This task calls for copying each line below that contains "records".
*** Source data Section Begins ***
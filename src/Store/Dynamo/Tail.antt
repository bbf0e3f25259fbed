-- ===== src/Store/Dynamo/Tail.antt =====
-- `LoadTail` of the DynamoDB store against the items of the partition, and against `Load`.
use protosource.Prelude.{
  ℕ, zero, suc, ◌-◌, ◌<◌, ◌≡◌, refl, sym, ap, ◌∙◌, inl, inr, Option, none, some, List, ◌++◌, arith,
  length, take, take-append_split, append-nil, leb, Bool-cases, Option-cases,
}
use protosource.Error.{Error, Result, ok, err, wrap}
use protosource.Repository.Types.{Record, History}
use protosource.Repository.Stored.{Result-cases}
use protosource.Convert.{convert_all, convert_all-append, length-convert_all}
use protosource.Dynamo.{Item, QueryInput, Page, Client, IsPaged, Strconv}
use protosource.Dynamo.Total.{IsRead, more_pages}
use protosource.Store.Dynamo.{item_to_record, page_limit, tail_pages}

module _ (strconv : Strconv) (expiry : ℕ → ℕ) {S : Type 0} (client : Client S)
    (laws : IsPaged client) where
  abbrev convert : Item → Result Record
  convert = item_to_record strconv expiry client

  abbrev wrapped : Error → Error
  wrapped = wrap "dynamodbstore.LoadTail"

  abbrev IsTailRead : Option (Result History) → List Item → S → Type 0
  IsTailRead = IsRead client laws convert wrapped wrapped

  -- What a page, and the key that leads on, say of the items of the query with another limit.
  next_of :
      (q : QueryInput) (limit : Option ℕ) (s : S) (page : Page) (key : Item)
      → client.query (record q { limit = limit }) s ≡ ok page
      → page.last ≡ some key
      → (laws.selected q s ≡ page.items ++ laws.selected (record q { start = some key }) s)
        × (laws.left (record q { start = some key }) s < laws.left q s)
  next_of q limit s page key answer next =
      let (parts, fewer) = laws.next_page (record q { limit = limit }) s page key answer next in
      let (same, size) = laws.any_limit q s limit in
      let (same', size') = laws.any_limit (record q { start = some key }) s limit in
      (sym same ∙ parts ∙ ap (λ back. page.items ++ back) same', omega (arith, fewer, size, size'))

  last_of :
      (q : QueryInput) (limit : Option ℕ) (s : S) (page : Page)
      → client.query (record q { limit = limit }) s ≡ ok page
      → page.last ≡ none
      → laws.selected q s ≡ page.items
  last_of q limit s page answer last =
      sym (laws.any_limit q s limit).0
      ∙ laws.last_page (record q { limit = limit }) s page answer last

  bad_tail :
      (n : ℕ) (q : QueryInput) (limit : Option ℕ) (s : S) (page : Page) (e : Error)
      → client.query (record q { limit = limit }) s ≡ ok page
      → convert_all convert (take n page.items) ≡ err e
      → convert_all convert (take n (laws.selected q s)) ≡ err e
  bad_tail n q limit s page e answer bad = elim (Option-cases page.last) [
    | inl last ↦ rw (last_of q limit s page answer last) bad
    | inr (key, next) ↦
        rw
          (
            (next_of q limit s page key answer next).0,
            take-append_split n page.items,
            convert_all-append convert (take n page.items),
            bad,
          )
          refl
  ]

  -- With more fuel than there are items left, the loop ends: with the first n of the items that are
  -- selected, converted in their order, or with the first error of these, unless a query fails.
  pub tail_pages-IsRead :
      (fuel n : ℕ) (q : QueryInput) (s : S)
      → laws.left q s < fuel
      → IsTailRead (tail_pages strconv expiry client fuel n q s) (take n (laws.selected q s)) s
  unfolding tail_pages IsRead convert_all
  tail_pages-IsRead zero n q s h = absurd (omega arith)
  tail_pages-IsRead (suc fuel) n q s h = elim (Bool-cases (leb n 0)) [
    | inl no_more ↦
        let nothing : n ≡ 0 = ground arith in rw (no_more, nothing, tail_pages) (inl refl)
    | inr more ↦
        let limit : Option ℕ = some (page_limit strconv expiry client n) in
        elim (Result-cases (client.query (record q { limit = limit }) s)) [
          | inr (e, failed) ↦
              rw (more, failed, tail_pages) (inr (e, record q { limit = limit }, failed, refl))
          | inl (page, answer) ↦ elim (Result-cases (convert_all convert (take n page.items))) [
            | inr (e, bad) ↦
                rw (more, answer, bad, bad_tail n q limit s page e answer bad, tail_pages)
                  (inl refl)
            | inl (rows, good) ↦ elim (Option-cases page.last) [
              | inl last ↦
                  rw
                    (more, answer, good, last, last_of q limit s page answer last, good, tail_pages)
                    (inl refl)
              | inr (key, next) ↦
                  let (parts, fewer) = next_of q limit s page key answer next in
                  let split =
                    ap (take n) parts
                    ∙ take-append_split n page.items _
                    ∙ ap
                        (λ k.
                          take n page.items
                          ++ take (n - k) (laws.selected (record q { start = some key }) s))
                        (sym (length-convert_all convert (take n page.items) rows good)) in
                  elim (Bool-cases (leb (n - length rows) 0)) [
                    | inl full ↦
                        let zero_left : n - length rows ≡ 0 = ground arith in
                        rw
                          (more, answer, good, next, full, split, zero_left, append-nil, tail_pages)
                          (rw good (inl refl))
                    | inr short ↦
                        rw (more, answer, good, next, short, split, tail_pages)
                          (more_pages client laws convert wrapped wrapped rows (take n page.items) _
                            _ s good
                            (tail_pages-IsRead fuel (n - length rows)
                              (record q { start = some key }) s (omega (arith, fewer))))
                  ]
            ]
          ]
        ]
  ]
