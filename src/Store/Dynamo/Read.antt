-- ===== src/Store/Dynamo/Read.antt =====
-- `Load` and `LoadTail` of the DynamoDB store over all pages.
use mathlib.Core.List.{reverse}
use protosource.Prelude.{
  ℕ, ◌<◌, ◌≡◌, refl, sym, ap, ◌∙◌, inl, inr, ◌⊎◌, String, true, false, none, some, arith, take,
  take_last, reverse-take-reverse, is_positive64,
}
use protosource.Error.{Error, ok, err, wrap, wrap_err}
use protosource.Repository.Types.{History}
use protosource.Repository.Stored.{Result-cases}
use protosource.Convert.{convert_all, convert_all-take, convert_all-reverse}
use protosource.Dynamo.{QueryInput, Page, Client, IsPaged, Strconv}
use protosource.Dynamo.Total.{IsRead, all_pages-IsRead}
use protosource.Store.Dynamo.{DynamoStore, item_to_record, events_query, load, load_tail}
use protosource.Store.Dynamo.Tail.{tail_pages-IsRead}

module _ (strconv : Strconv) (expiry : ℕ → ℕ) {S : Type 0} (client : Client S)
    (laws : IsPaged client) where
  -- With more fuel than there are items in the partition, `Load` ends in a live context: with the
  -- records of all its items in ascending order, or the first error of an item, or else with the
  -- error of a query that failed.
  pub load-all_pages :
      (fuel : ℕ) (cfg : DynamoStore S) (id : String) (s : S)
      → laws.left (events_query strconv expiry client cfg id true none) s < fuel
      → (load strconv expiry client fuel cfg none id s
          ≡ some (
              wrap_err "dynamodbstore.Load" (
                convert_all
                  (item_to_record strconv expiry client)
                  (laws.selected (events_query strconv expiry client cfg id true none) s))))
        ⊎ ((e : Error) × (p : QueryInput) × (client.query p s ≡ err e)
            × (load strconv expiry client fuel cfg none id s
                ≡ some (err (wrap "dynamodbstore.Load" e))))
  unfolding load IsRead
  load-all_pages fuel cfg id s h =
      elim (all_pages-IsRead client laws (item_to_record strconv expiry client)
        (wrap "dynamodbstore.Load") (wrap "dynamodbstore.Load") fuel
        (events_query strconv expiry client cfg id true none) s h) [
          | inl done ↦
              elim (Result-cases (
                convert_all (item_to_record strconv expiry client)
                  (laws.selected (events_query strconv expiry client cfg id true none) s))) [
                    | inl (rows, good) ↦ inl (done ∙ rw good refl)
                    | inr (e, bad) ↦ inl (done ∙ rw bad refl)
                  ]
          | inr failed ↦ inr failed
        ]

  -- What `Load` returns are the items of the partition.
  loaded_items :
      (fuel : ℕ) (cfg : DynamoStore S) (id : String) (s : S) (h : History)
      → ((p : QueryInput) → (page : Page) × (client.query p s ≡ ok page))
      → laws.left (events_query strconv expiry client cfg id true none) s < fuel
      → load strconv expiry client fuel cfg none id s ≡ some (ok h)
      → convert_all
          (item_to_record strconv expiry client)
          (laws.selected (events_query strconv expiry client cfg id true none) s)
        ≡ ok h
  loaded_items fuel cfg id s h live enough loaded = elim (load-all_pages fuel cfg id s enough) [
    | inl done ↦
        elim (Result-cases (
          convert_all (item_to_record strconv expiry client)
            (laws.selected (events_query strconv expiry client cfg id true none) s))) [
              | inl (rows, good) ↦ let same = sym loaded ∙ rw good at done in good ∙ cc
              | inr (e, bad) ↦ absurd (let same = sym loaded ∙ rw bad at done in cc)
            ]
    | inr (e, p, failed, result) ↦
        let (page, answer) = live p in absurd (let clash = sym failed ∙ answer in cc)
  ]

  -- With enough fuel, and where no query fails, `LoadTail` of a positive int64 n returns the last n
  -- records that `Load` returns.
  pub load_tail-take_last :
      (fuel : ℕ) (cfg : DynamoStore S) (id : String) (n : ℕ) (s : S) (h : History)
      → is_positive64 n ≡ true
      → ((p : QueryInput) → (page : Page) × (client.query p s ≡ ok page))
      → laws.left (events_query strconv expiry client cfg id true none) s < fuel
      → load strconv expiry client fuel cfg none id s ≡ some (ok h)
      → load_tail strconv expiry client fuel cfg none id n s ≡ some (ok (take_last n h))
  unfolding load_tail events_query IsRead
  load_tail-take_last fuel cfg id n s h positive live enough loaded =
      let forward = events_query strconv expiry client cfg id true none in
      let backward = events_query strconv expiry client cfg id false none in
      let convert = item_to_record strconv expiry client in
      let (turned, size) = laws.other_way forward s refl in
      let rows : convert_all convert (take n (laws.selected backward s)) ≡ ok (take n (reverse h)) =
        ap (λ items. convert_all convert (take n items)) turned
        ∙ convert_all-take convert n _ _
            (convert_all-reverse convert _ _ (loaded_items fuel cfg id s h live enough loaded)) in
      elim (tail_pages-IsRead strconv expiry client laws fuel n backward s
        (omega (arith, enough, size))) [
          | inl done ↦
              rw (positive, done, rows, load_tail)
                (ap (λ l. some (ok l)) (reverse-take-reverse n h))
          | inr (e, p, failed, result) ↦
              let (page, answer) = live p in absurd (let clash = sym failed ∙ answer in cc)
        ]
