-- ===== src/Store/Dynamo/Save.antt =====
-- `Save` of the DynamoDB store: what the batches leave of the items that were there, and of the
-- records.
use protosource.Prelude.{
  ℕ, zero, suc, ◌<◌, ◌≤◌, ◌≡◌, ◌≢◌, refl, sym, ap, subst, ◌∙◌, inl, inr, String, Option, none, some,
  List, [], ◌∷◌, arith, map, take, drop, take-drop, length, length-drop, All, All-append, All-imp,
  All-map, drop_all, two64,
}
use protosource.Prelude.Dict.{lookup}
use protosource.Error.{Error, ok, err}
use protosource.Repository.Types.{Record}
use protosource.Repository.Stored.{Result-cases}
use protosource.Dynamo.{Attribute, text, number, Item, Put, Client, Strconv}
use protosource.Store.Dynamo.{
  DynamoStore, new_version, item_to_record, max_transact_items, item_of, put_of, save_batches, save,
}

-- The primary key of an item of the table of events: the table, the aggregate's id and the version.
abbrev pub Key : Type 0
Key = String × (Option Attribute × Option Attribute)

abbrev pub key_of : Put → Key
key_of p = (p.table, (lookup "a" p.item, lookup "v" p.item))

-- What the documentation says of TransactWriteItems: all puts are made or none is; a put under a
-- condition that no item has its key fails where there is one; no item with another key changes.
pub record IsTransactional {S : Type 0} (client : Client S) : Type 0 where
  pub find : Key → S → Option Item
  pub stored :
      (puts : List Put) (s t : S)
      → client.transact_write puts s ≡ (ok tt, t)
      → All (λ p. find (key_of p) t ≡ some p.item) puts
  pub fresh :
      (puts : List Put) (s t : S)
      → client.transact_write puts s ≡ (ok tt, t)
      → All (λ p. p.condition ≡ new_version) puts
      → All (λ p. find (key_of p) s ≡ none) puts
  pub others :
      (puts : List Put) (key : Key) (s t : S)
      → client.transact_write puts s ≡ (ok tt, t)
      → All (λ p. key_of p ≢ key) puts
      → find key t ≡ find key s
  pub unmade :
      (puts : List Put) (key : Key) (s t : S) (e : Error)
      → client.transact_write puts s ≡ (err e, t)
      → find key t ≡ find key s

All-both {ℓ κ μ ν} :
    {A : Type ℓ} {P : A → Type κ} {Q : A → Type μ} {R : A → Type ν}
    → ((a : A) → P a → Q a → R a)
    → (xs : List A) → All P xs
    → All Q xs
    → All R xs
All-both step [] h k = tt
All-both step (x ∷ xs) (p, h) (q, k) = (step x p q, All-both step xs h k)

module _ (strconv : Strconv) (expiry : ℕ → ℕ) {S : Type 0} (client : Client S)
    (laws : IsTransactional client) (cfg : DynamoStore S) (id : String) where
  abbrev puts_of : List Record → List Put
  puts_of = map (put_of strconv expiry client cfg id)

  conditions : (rs : List Record) → All (λ p. p.condition ≡ new_version) (puts_of rs)
  unfolding put_of
  conditions [] = tt
  conditions (r ∷ rs) = (refl, conditions rs)

  transact_kept :
      (rs : List Record) (key : Key) (item : Item) (s : S)
      → laws.find key s ≡ some item
      → laws.find key (client.transact_write (puts_of rs) s).1 ≡ some item
  transact_kept rs key item s h =
      let t = (client.transact_write (puts_of rs) s).1 in
      elim (Result-cases (client.transact_write (puts_of rs) s).0) [
        | inr (e, failed) ↦ laws.unmade (puts_of rs) key s t e (ap (λ r. (r, t)) failed) ∙ h
        | inl (_, done) ↦
            let made : client.transact_write (puts_of rs) s ≡ (ok tt, t) = ap (λ r. (r, t)) done in
            laws.others (puts_of rs) key s t made (
              All-imp
                (λ p unused same. let clash = sym unused ∙ ap (λ k. laws.find k s) same ∙ h in cc)
                (puts_of rs) (laws.fresh (puts_of rs) s t made (conditions rs)))
            ∙ h
      ]

  batches_kept :
      (fuel : ℕ) (rs : List Record) (key : Key) (item : Item) (s : S)
      → laws.find key s ≡ some item
      → laws.find key (save_batches strconv expiry client cfg id fuel rs s).1 ≡ some item
  unfolding save_batches
  batches_kept zero rs key item s h = h
  batches_kept (suc fuel) [] key item s h = h
  batches_kept (suc fuel) (r ∷ rs) key item s h =
      let batch = take max_transact_items (r ∷ rs) in
      let answer = client.transact_write (puts_of batch) s in
      let kept = transact_kept batch key item s h in
      elim (Result-cases answer.0) [
        | inr (e, failed) ↦ rw (failed, save_batches) kept
        | inl (_, done) ↦
            rw (done, save_batches)
              (batches_kept fuel (drop max_transact_items (r ∷ rs)) key item answer.1 kept)
      ]

  -- `Save` never changes or removes an item that is there, also where it fails half-way.
  pub save-kept :
      (rs : List Record) (key : Key) (item : Item) (s : S)
      → laws.find key s ≡ some item
      → laws.find key (save strconv expiry client cfg none id rs s).1 ≡ some item
  unfolding save
  save-kept rs key item s h = batches_kept (length rs) rs key item s h

  batches_stored :
      (fuel : ℕ) (rs : List Record) (s t : S)
      → length rs ≤ fuel
      → save_batches strconv expiry client cfg id fuel rs s ≡ (ok tt, t)
      → All
          (λ r.
            laws.find (key_of (put_of strconv expiry client cfg id r)) t
            ≡ some (put_of strconv expiry client cfg id r).item)
          rs
  unfolding save_batches
  batches_stored zero [] s t h done = tt
  batches_stored zero (r ∷ rs) s t h done = absurd (omega arith)
  batches_stored (suc fuel) [] s t h done = tt
  batches_stored (suc fuel) (r ∷ rs) s t h done =
      let batch = take max_transact_items (r ∷ rs) in
      let others = drop max_transact_items (r ∷ rs) in
      let (answer, u) = client.transact_write (puts_of batch) s in
      elim (Result-cases answer) [
        | inr (e, failed) ↦
            absurd (let bad = ap (λ p. p.0) (rw (failed, save_batches) at done) in cc)
        | inl (_, made) ↦
            let rest : save_batches strconv expiry client cfg id fuel others u ≡ (ok tt, t) =
              rw (made, save_batches) at done in
            let now =
              All-map (put_of strconv expiry client cfg id)
                (λ p. laws.find (key_of p) u ≡ some p.item) batch
                (laws.stored (puts_of batch) s u (ap (λ a. (a, u)) made)) in
            let later =
              All-imp
                (λ x there.
                  ap (λ v. laws.find (key_of (put_of strconv expiry client cfg id x)) v)
                    (ap (λ p. p.1) (sym rest))
                  ∙ batches_kept fuel others _ _ u there)
                batch now in
            subst (All _) (take-drop max_transact_items (r ∷ rs)) (
              All-append _ batch others later (
                batches_stored fuel others u t
                  (omega (arith, length-drop max_transact_items (r ∷ rs))) rest))
      ]

  item_to_record-item_of :
      (r : Record)
      → strconv.parse_int (strconv.format_int r.version) ≡ ok r.version
      → item_to_record strconv expiry client (item_of strconv expiry client cfg id r)
        ≡ ok (record r { ttl = 0 })
  unfolding item_to_record item_of lookup
  item_to_record-item_of r h = rw h refl

  -- After a `Save` that succeeds, every record has an item under its id and version, which
  -- `itemToRecord` reads as the record without its time to live. ParseInt reads what FormatInt wrote;
  -- the number of the records is fuel enough for their batches.
  pub save-stored :
      (rs : List Record) (s t : S)
      → ((n : ℕ) → n < two64 → strconv.parse_int (strconv.format_int n) ≡ ok n)
      → All (λ r. r.version < two64) rs
      → save strconv expiry client cfg none id rs s ≡ (ok tt, t)
      → All
          (λ r.
            (item : Item) × (laws.find
                (cfg.events_table, (some (text id), some (number (strconv.format_int r.version))))
                t
              ≡ some item)
            × (item_to_record strconv expiry client item ≡ ok (record r { ttl = 0 })))
          rs
  unfolding save put_of item_of lookup
  save-stored rs s t reads bounds done =
      All-both
        (λ r there low. (
          item_of strconv expiry client cfg id r,
          there,
          item_to_record-item_of r (reads r.version low),
        ))
        rs (batches_stored (length rs) rs s t (omega arith) done) bounds

  no_batches : (fuel : ℕ) (s : S) → save_batches strconv expiry client cfg id fuel [] s ≡ (ok tt, s)
  unfolding save_batches
  no_batches zero s = refl
  no_batches (suc fuel) s = refl

  -- A `Save` of one batch at most that fails changes nothing.
  pub save-atomic :
      (rs : List Record) (key : Key) (s t : S) (e : Error)
      → length rs ≤ max_transact_items
      → save strconv expiry client cfg none id rs s ≡ (err e, t)
      → laws.find key t ≡ laws.find key s
  unfolding save save_batches
  save-atomic [] key s t e h failed = absurd (let bad = ap (λ p. p.0) failed in cc)
  save-atomic (r ∷ rs) key s t e h failed =
      let batch = take max_transact_items (r ∷ rs) in
      let (answer, u) = client.transact_write (puts_of batch) s in
      elim (Result-cases answer) [
        | inr (e', refused) ↦
            let same : u ≡ t = ap (λ p. p.1) (rw (refused, save, save_batches) at failed) in
            ap (laws.find key) (sym same)
            ∙ laws.unmade (puts_of batch) key s u e' (ap (λ a. (a, u)) refused)
        | inl (_, made) ↦
            let rest : save_batches strconv expiry client cfg id (length rs)
                  (drop max_transact_items (r ∷ rs)) u
                ≡ (err e, t) =
              rw (made, save, save_batches) at failed in
            let over =
              ap (λ l. save_batches strconv expiry client cfg id (length rs) l u)
                (drop_all max_transact_items (r ∷ rs) h) in
            absurd
              (let bad = ap (λ p. p.0) (sym (no_batches (length rs) u) ∙ sym over ∙ rest) in cc)
      ]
*** Source data Section Ends ***
Your response —
  -- records of all its items in ascending order, or the first error of an item, or else with the
  -- records that `Load` returns.
-- records.
  -- the number of the records is fuel enough for their batches.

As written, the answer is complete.